**** Extracted data ****

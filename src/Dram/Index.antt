-- ===== src/Dram/Index.antt =====
-- internal/store/dram/index.go: the sharded index of published blocks. A key (a namespace and a content
-- hash) is a number; the shard that hash/maphash picks for it under the process's seed is a parameter. An
-- operation holds its shard's lock, so it is one step. A block is a BlockRef, or its address where it is shared.
pub mod Prefix
pub mod Calls
pub mod Refinement
use kvstash.Prelude.{
  ℕ, zero, suc, ◌+◌, ◌-◌, Bool, true, false, ◌&&◌, ◌||◌, not, Option, none, some, List, [], ◌∷◌,
  length, ◌==◌, if◌then◌else◌,
}
use kvstash.Shards.{set_shard}
use kvstash.Assoc.{find, erase, put}
use kvstash.Protocol.Ops.{status_ok, status_not_found}

abbrev pub index_shards : ℕ
index_shards = 256

pub record Index (A : Type 0) : Type 0 where
  pub shards : ℕ → List (ℕ × A)
  pub blocks : ℕ
  pub bytes : ℕ

-- `NewIndex`.
abbrev pub new_index : {A : Type 0} → Index A
new_index = record { shards = λ i. []; blocks = 0; bytes = 0 }

-- The `ok` of a map lookup.
abbrev pub present {ℓ} : {A : Type ℓ} → Option A → Bool
present none = false
present (some a) = true

module _ {A : Type 0} (shard_of : ℕ → ℕ) where
  -- `Get`.
  unfoldable pub index_get : Index A → ℕ → Option A
  index_get idx k = find k (idx.shards (shard_of k))

  -- `WithShardLock`, for a function that writes to the block if there is one.
  unfoldable pub with_shard_lock : Index A → ℕ → (A → A) → Index A
  with_shard_lock idx k fn = elim (find k (idx.shards (shard_of k))) [
    | none ↦ idx
    | some ref ↦ record idx {
      shards = set_shard idx.shards (shard_of k) (put k (fn ref) (idx.shards (shard_of k)));
    }
  ]

  -- The loop of `ExistsPrefix`, with `consecutiveDone`: the count that is added, and the statuses.
  pub probe : Index A → List ℕ → Bool → Bool → ℕ × List Bool
  probe idx [] done bitmap = (0, [])
  probe idx (k ∷ ks) done bitmap =
      let hit = present (index_get idx k) in
      let rest = probe idx ks (not hit || done) bitmap in
      if done && not bitmap
      then (0, [])
      else (if hit && not done then rest.0 + 1 else rest.0, hit ∷ rest.1)

  -- `ExistsPrefix`, on an index that no other call changes between its keys.
  pub exists_prefix : Index A → List ℕ → Bool → ℕ × Option (List Bool)
  exists_prefix idx keys bitmap =
      let r = probe idx keys false bitmap in (r.0, if bitmap then some r.1 else none)

module _ {A : Type 0} (len : A → ℕ) (shard_of : ℕ → ℕ) where
  -- `Put`: the block that stands under the key afterwards, and whether it was inserted.
  unfoldable pub index_put : Index A → ℕ → A → Index A × A × Bool
  index_put idx k ref =
      let m = idx.shards (shard_of k) in
      elim (find k m) [
        | some cur ↦ (idx, cur, false)
        | none ↦ (
          record {
            shards = set_shard idx.shards (shard_of k) (put k ref m);
            blocks = idx.blocks + 1;
            bytes = idx.bytes + len ref;
          },
          ref,
          true,
        )
      ]

  -- What `Delete` and `DeleteIf` do to a published block.
  abbrev pub removed : Index A → ℕ → A → Index A
  removed idx k ref = record {
    shards = set_shard idx.shards (shard_of k) (erase k (idx.shards (shard_of k)));
    blocks = idx.blocks - 1;
    bytes = idx.bytes - len ref;
  }

  -- `Delete`.
  unfoldable pub index_delete : Index A → ℕ → Index A × Option A
  index_delete idx k = elim (find k (idx.shards (shard_of k))) [
    | some ref ↦ (removed idx k ref, some ref)
    | none ↦ (idx, none)
  ]

  -- `DeleteIf`.
  unfoldable pub delete_if : Index A → ℕ → (A → ℕ) → Index A × Option A × ℕ
  delete_if idx k gate = elim (find k (idx.shards (shard_of k))) [
    | none ↦ (idx, none, status_not_found)
    | some ref ↦
        if not (gate ref == status_ok)
        then (idx, none, gate ref)
        else (removed idx k ref, some ref, status_ok)
  ]
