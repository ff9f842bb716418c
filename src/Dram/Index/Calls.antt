-- ===== src/Dram/Index/Calls.antt =====
-- internal/store/dram/index.go: the calls that write to the index, and the map that they are to be.
use kvstash.Prelude.{ℕ, ◌≡◌, Option, none, some, List, [], ◌∷◌, ◌==◌, if◌then◌else◌}
use kvstash.Shards.{IsCounted}
use kvstash.Protocol.Ops.{status_ok}
use kvstash.Dram.BlockRef.{BlockRef}
use kvstash.Dram.Index.{Index, index_shards, index_put, index_delete, delete_if, with_shard_lock}

abbrev pub ref_len : BlockRef → ℕ
ref_len r = r.len

-- A call that writes to the index.
pub data Call : Type 0 where
  publish : ℕ → BlockRef → Call
  withdraw : ℕ → Call
  withdraw_if : ℕ → (BlockRef → ℕ) → Call
  rewrite_block : ℕ → (BlockRef → BlockRef) → Call

-- The call writes no other length to a block.
unfoldable pub KeepsLen : Call → Type 0
KeepsLen (publish k r) = Unit
KeepsLen (withdraw k) = Unit
KeepsLen (withdraw_if k gate) = Unit
KeepsLen (rewrite_block k fn) = (r : BlockRef) → (fn r).len ≡ r.len

-- What a call leaves under its key.
unfoldable pub after : Call → Option BlockRef → Option BlockRef
after (publish k r) none = some r
after (publish k r) (some cur) = some cur
after (withdraw k) o = none
after (withdraw_if k gate) none = none
after (withdraw_if k gate) (some r) = if gate r == status_ok then none else some r
after (rewrite_block k fn) none = none
after (rewrite_block k fn) (some r) = some (fn r)

unfoldable pub key : Call → ℕ
key (publish k r) = k
key (withdraw k) = k
key (withdraw_if k gate) = k
key (rewrite_block k fn) = k

-- A map that runs the calls.
unfoldable pub run_map : List Call → (ℕ → Option BlockRef) → ℕ → Option BlockRef
run_map [] f = f
run_map (c ∷ cs) f = run_map cs (λ j. if j == key c then after c (f (key c)) else f j)

module _ (shard_of : ℕ → ℕ) where
  unfoldable pub call : Index BlockRef → Call → Index BlockRef
  call idx (publish k r) = (index_put ref_len shard_of idx k r).0
  call idx (withdraw k) = (index_delete ref_len shard_of idx k).0
  call idx (withdraw_if k gate) = (delete_if ref_len shard_of idx k gate).0
  call idx (rewrite_block k fn) = with_shard_lock shard_of idx k fn

  unfoldable pub run : List Call → Index BlockRef → Index BlockRef
  run [] idx = idx
  run (c ∷ cs) idx = run cs (call idx c)

-- No key stands twice, and the counters are the number and the bytes of the published blocks.
abbrev pub IsIndexed : Index BlockRef → Type 0
IsIndexed idx = IsCounted ref_len index_shards idx.shards idx.blocks idx.bytes

-- The map that the lookups see, after a call.
abbrev pub stepped : Call → (ℕ → Option BlockRef) → ℕ → Option BlockRef
stepped c f j = if j == key c then after c (f (key c)) else f j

****

== Task requirements ==
Repeat exactly the lines from the first line of the records above through the line containing "-- hash) is", both included, and nothing else.

== Your solution ==
filename src/Dram/Index.antt
-- ===== src/Dram/Index.antt =====
-- internal/store/dram/index.go: the sharded index of published blocks. A key (a namespace and a content
-- hash) is a number; the shard that hash/maphash picks for it under the process's seed is a parameter. An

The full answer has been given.